"Les Nocturnes" sur RTL

   Dire qu’il a failli disparaître de l’antenne … En 2001, branle-bas-de combat à RTL : il faut rajeunir. Exit Bouvard des « Grosses Têtes », Fabrice part en retraite de son plein gré … et adieu « Les Nocturnes. » Après quelques semaines de combat des auditeurs, Lang est revenu à l’antenne …

   Georges est revenu à l’antenne … mais à Paris. C’est que jusque-là, Georges Lang travaillait depuis le grand duché du Luxembourg … Ce sont les auditeurs (et quelques employés de la station) qui ont fait pression pour que l’homme à la voix de velours reprenne sa place sur les ondes. Cette mobilisation ne surprend qu’à moitié, car d’abord, Georges Lang n’est pas né de la dernière pluie et nombreux sont ceux dont il accompagné les nuits.

   Ensuite, « Les Nocturnes » sont une émission à part sur RTL : d’abord parce que le programme musical y est beaucoup plus rock qu’en journée, parce qu’il n’y a pas de publicité à cette heure-là sur la station, et enfin parce que pendant des années, elle a eu lieu du côté des Ardennes. En ce temps là, c’était chouette la nuit chez les grands ducs.
Rappelons que le « L » du sigle RTL signifie « Luxembourg » : née en 1933, radio Luxembourg émettait au départ uniquement depuis le Grand Duché, d’où le terme de « radio périphérique ». Depuis 1969 (et Jean Farran), Radio Luxembourg est devenue RTL et depuis quelques annés, émet aussi en FM sur le territoire français.

   Ainsi, pendant des annés, ce n’était donc pas rue Bayard à Paris que George officiait, mais depuis les locaux de la CLT-UFA, villa Louvigny. Le week end, ce sont deux autres animateur, Lionel Richebourg et Jean-François Johann, qui tiennent le créneau.
« Ce que je reproche aux autres radios, c’est de faire la nuit la même chose que ce qu’ils font en journée. »

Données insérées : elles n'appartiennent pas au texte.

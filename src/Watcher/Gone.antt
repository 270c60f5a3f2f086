-- ===== src/Watcher/Gone.antt =====
-- A directory that goes keeps the references and the charges in agreement.
use process_compose.Common.{
  String, ◌≡◌, refl, ◌∙◌, Bool, true, false, List, [], ◌∷◌, Option, none, some, if◌then◌else◌, ◌-◌,
  arith, ◌||◌, contains, str_eq, eq_iff, Dict, lookup, has, keys, lookup-insert, lookup-delete,
  delete-IsDistinct, IsDistinct, Bool-cases, inl, inr, ltb, Option-cases,
}
use process_compose.Watcher.Registry.{
  ProcWatch, Watcher, refund, refund_all, release_dir, release_each, release_gone_dir,
}
use process_compose.Watcher.Budget.{one, IsConsistent, held-delete}

abbrev refunded : Option ProcWatch → Option ProcWatch
refunded none = none
refunded (some pw) =
    if ltb 0 pw.entries then some (record pw { entries = pw.entries - 1 }) else some pw

lookup-refund :
    (name n : String) (procs : Dict ProcWatch)
    → lookup n (refund (lookup name procs) name procs)
      ≡ (if str_eq name n then refunded (lookup n procs) else lookup n procs)
lookup-refund name n procs = go (lookup name procs) refl
  where
    go :
        (o : Option ProcWatch)
        → lookup name procs ≡ o
        → lookup n (refund o name procs)
          ≡ (if str_eq name n then refunded (lookup n procs) else lookup n procs)
    go none e = ground (arith, e, eq_iff name n)
    go (some pw) e = ground (
      arith,
      e,
      eq_iff name n,
      lookup-insert name n (record pw { entries = pw.entries - 1 }) procs,
    )

lookup-refund_all :
    (n : String) (names : List String) (procs : Dict ProcWatch)
    → IsDistinct names
    → lookup n (refund_all names procs)
      ≡ (if contains names n then refunded (lookup n procs) else lookup n procs)
unfolding refund_all
lookup-refund_all n [] procs d = refl
lookup-refund_all n (name ∷ names) procs d =
    lookup-refund_all n names (refund (lookup name procs) name procs) d.1
    ∙ ground (arith, d.0, eq_iff name n, lookup-refund name n procs)

module _ (w : Watcher) (c : IsConsistent w) (dir : String) (names : List String)
    (here : lookup dir w.dir_refs ≡ some names) where
  those :
      (n : String) (pw' : ProcWatch)
      → lookup n (refund_all names w.procs) ≡ some pw'
      → (pw : ProcWatch) × (lookup n w.procs ≡ some pw)
        × (pw'.name ≡ pw.name)
        × (pw'.max_entries ≡ pw.max_entries)
        × (pw'.entries ≡ pw.entries - one (contains names n))
  those n pw' h = elim (Option-cases (lookup n w.procs)) [
    | inl gone ↦
        absurd
          (ground (arith, gone, h, lookup-refund_all n names w.procs (c.refs dir names here).0))
    | inr (pw, e) ↦
        (pw, e, ground (arith, back pw e), ground (arith, back pw e), ground (arith, back pw e))
  ]
    where
      back :
          (pw : ProcWatch)
          → lookup n w.procs ≡ some pw
          → (if contains names n then refunded (some pw) else some pw) ≡ some pw'
      back pw e = ground (arith, e, h, lookup-refund_all n names w.procs (c.refs dir names here).0)

  release_dir-IsConsistent : IsConsistent (release_dir dir names w)
  unfolding release_dir
  release_dir-IsConsistent = record {
    dirs = delete-IsDistinct dir w.dir_refs c.dirs;
    refs = λ d ns h. c.refs d ns (ground (arith, h, lookup-delete dir d w.dir_refs));
    owned = λ d n h. ground (
      arith,
      h,
      c.owned d n,
      lookup-delete dir d w.dir_refs,
      lookup-refund_all n names w.procs (c.refs dir names here).0,
    );
    named = λ n pw h. let (old, e, a, _, _) = those n pw h in a ∙ c.named n old e;
    charged = λ n pw h.
        let (old, e, _, _, b) = those n pw h in
        ground (arith, b, here, c.charged n old e, held-delete n dir w.dir_refs c.dirs);
    bounded =
        λ n pw h. let (old, e, _, m, b) = those n pw h in ground (arith, m, b, c.bounded n old e);
    sized = λ d.
        ground
          (arith, c.sized d, lookup-delete dir d w.dir_refs, lookup-delete dir d w.dir_buf_size);
  }

release_each-IsConsistent :
    (gone : String → Bool) (rest : Dict (List String)) (w : Watcher)
    → IsDistinct (keys rest)
    → ((dir : String) → contains (keys rest) dir ≡ true → lookup dir w.dir_refs ≡ lookup dir rest)
    → IsConsistent w
    → IsConsistent (release_each gone rest w)
unfolding release_each release_dir lookup
release_each-IsConsistent gone [] w d same c = c
release_each-IsConsistent gone ((dir, names) ∷ rest) w d same c =
    go (gone dir) (λ w'. release_each-IsConsistent gone rest w' d.1)
  where
    later : (k : String) → contains (keys rest) k ≡ true → lookup k w.dir_refs ≡ lookup k rest
    later k h = ground (arith, h, d.0, same k, eq_iff dir k)

    go :
        (b : Bool)
        → ((w' : Watcher)
            → ((k : String) → contains (keys rest) k ≡ true → lookup k w'.dir_refs ≡ lookup k rest)
            → IsConsistent w'
            → IsConsistent (release_each gone rest w'))
        → IsConsistent (release_each gone rest (if b then release_dir dir names w else w))
    go false done = done w later c
    go true done =
        done (release_dir dir names w)
          (λ k h. lookup-delete dir k w.dir_refs ∙ ground (arith, h, d.0, later k h, eq_iff dir k))
          (release_dir-IsConsistent w c dir names (ground (arith, same dir, eq_iff dir dir)))

pub release_gone_dir-IsConsistent :
    (under : String → String → Bool) (dir : String) (w : Watcher)
    → IsConsistent w
    → IsConsistent (release_gone_dir under dir w)
unfolding release_gone_dir
release_gone_dir-IsConsistent under dir w c = elim (Bool-cases (has dir w.dir_refs)) [
  | inl watched ↦ rw watched (
      release_each-IsConsistent (λ candidate. str_eq candidate dir || under dir candidate)
        w.dir_refs w c.dirs (λ d h. refl) c)
  | inr other ↦ rw other c
]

   Et c’est pour cela que Georges Lang tient à faire de son programme un espace à part. Dès l’origine, le but était d’être différent : « Les Nocturnes sont nées en 1973, avec l’animateur Bernard Schu et moi, explique Lang. Le but était de faire de ces émissions de nuit non pas des comblages en attendant la fin des programmes -parce qu’à l’époque on s’arrêtait à trois heures, mais d’en faire une réalité. »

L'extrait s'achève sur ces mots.